* Problem description *
The lines of the records that include "Holds" should all be copied.

* Stored data entries *
★ ★ ★ ★ ★
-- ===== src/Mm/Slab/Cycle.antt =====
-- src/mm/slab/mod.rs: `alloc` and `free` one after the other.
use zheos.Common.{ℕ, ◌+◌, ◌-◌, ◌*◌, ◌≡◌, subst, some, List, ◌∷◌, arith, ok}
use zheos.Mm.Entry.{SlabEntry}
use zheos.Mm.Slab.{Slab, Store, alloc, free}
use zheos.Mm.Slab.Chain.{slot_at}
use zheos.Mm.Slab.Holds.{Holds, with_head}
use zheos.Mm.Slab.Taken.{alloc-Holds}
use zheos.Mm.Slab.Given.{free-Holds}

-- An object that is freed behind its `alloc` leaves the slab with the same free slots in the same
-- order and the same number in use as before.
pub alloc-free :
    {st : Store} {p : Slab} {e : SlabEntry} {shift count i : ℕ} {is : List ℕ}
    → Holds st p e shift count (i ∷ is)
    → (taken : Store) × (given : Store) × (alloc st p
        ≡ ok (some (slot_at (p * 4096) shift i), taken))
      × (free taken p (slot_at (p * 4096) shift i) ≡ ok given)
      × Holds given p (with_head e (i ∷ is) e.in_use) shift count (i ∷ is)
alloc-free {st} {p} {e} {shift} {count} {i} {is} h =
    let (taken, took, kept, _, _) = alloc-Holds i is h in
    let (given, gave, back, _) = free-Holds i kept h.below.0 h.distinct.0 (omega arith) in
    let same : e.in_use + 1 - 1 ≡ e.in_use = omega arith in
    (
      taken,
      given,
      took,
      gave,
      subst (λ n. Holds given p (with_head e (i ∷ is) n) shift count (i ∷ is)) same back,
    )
★ ★ ★ ★ ★
* The completed task *
use zheos.Mm.Slab.Holds.{Holds, with_head}
use zheos.Mm.Slab.Taken.{alloc-Holds}
use zheos.Mm.Slab.Given.{free-Holds}
    → Holds st p e shift count (i ∷ is)
      × Holds given p (with_head e (i ∷ is) e.in_use) shift count (i ∷ is)
    let (taken, took, kept, _, _) = alloc-Holds i is h in
    let (given, gave, back, _) = free-Holds i kept h.below.0 h.distinct.0 (omega arith) in
      subst (λ n. Holds given p (with_head e (i ∷ is) n) shift count (i ∷ is)) same back,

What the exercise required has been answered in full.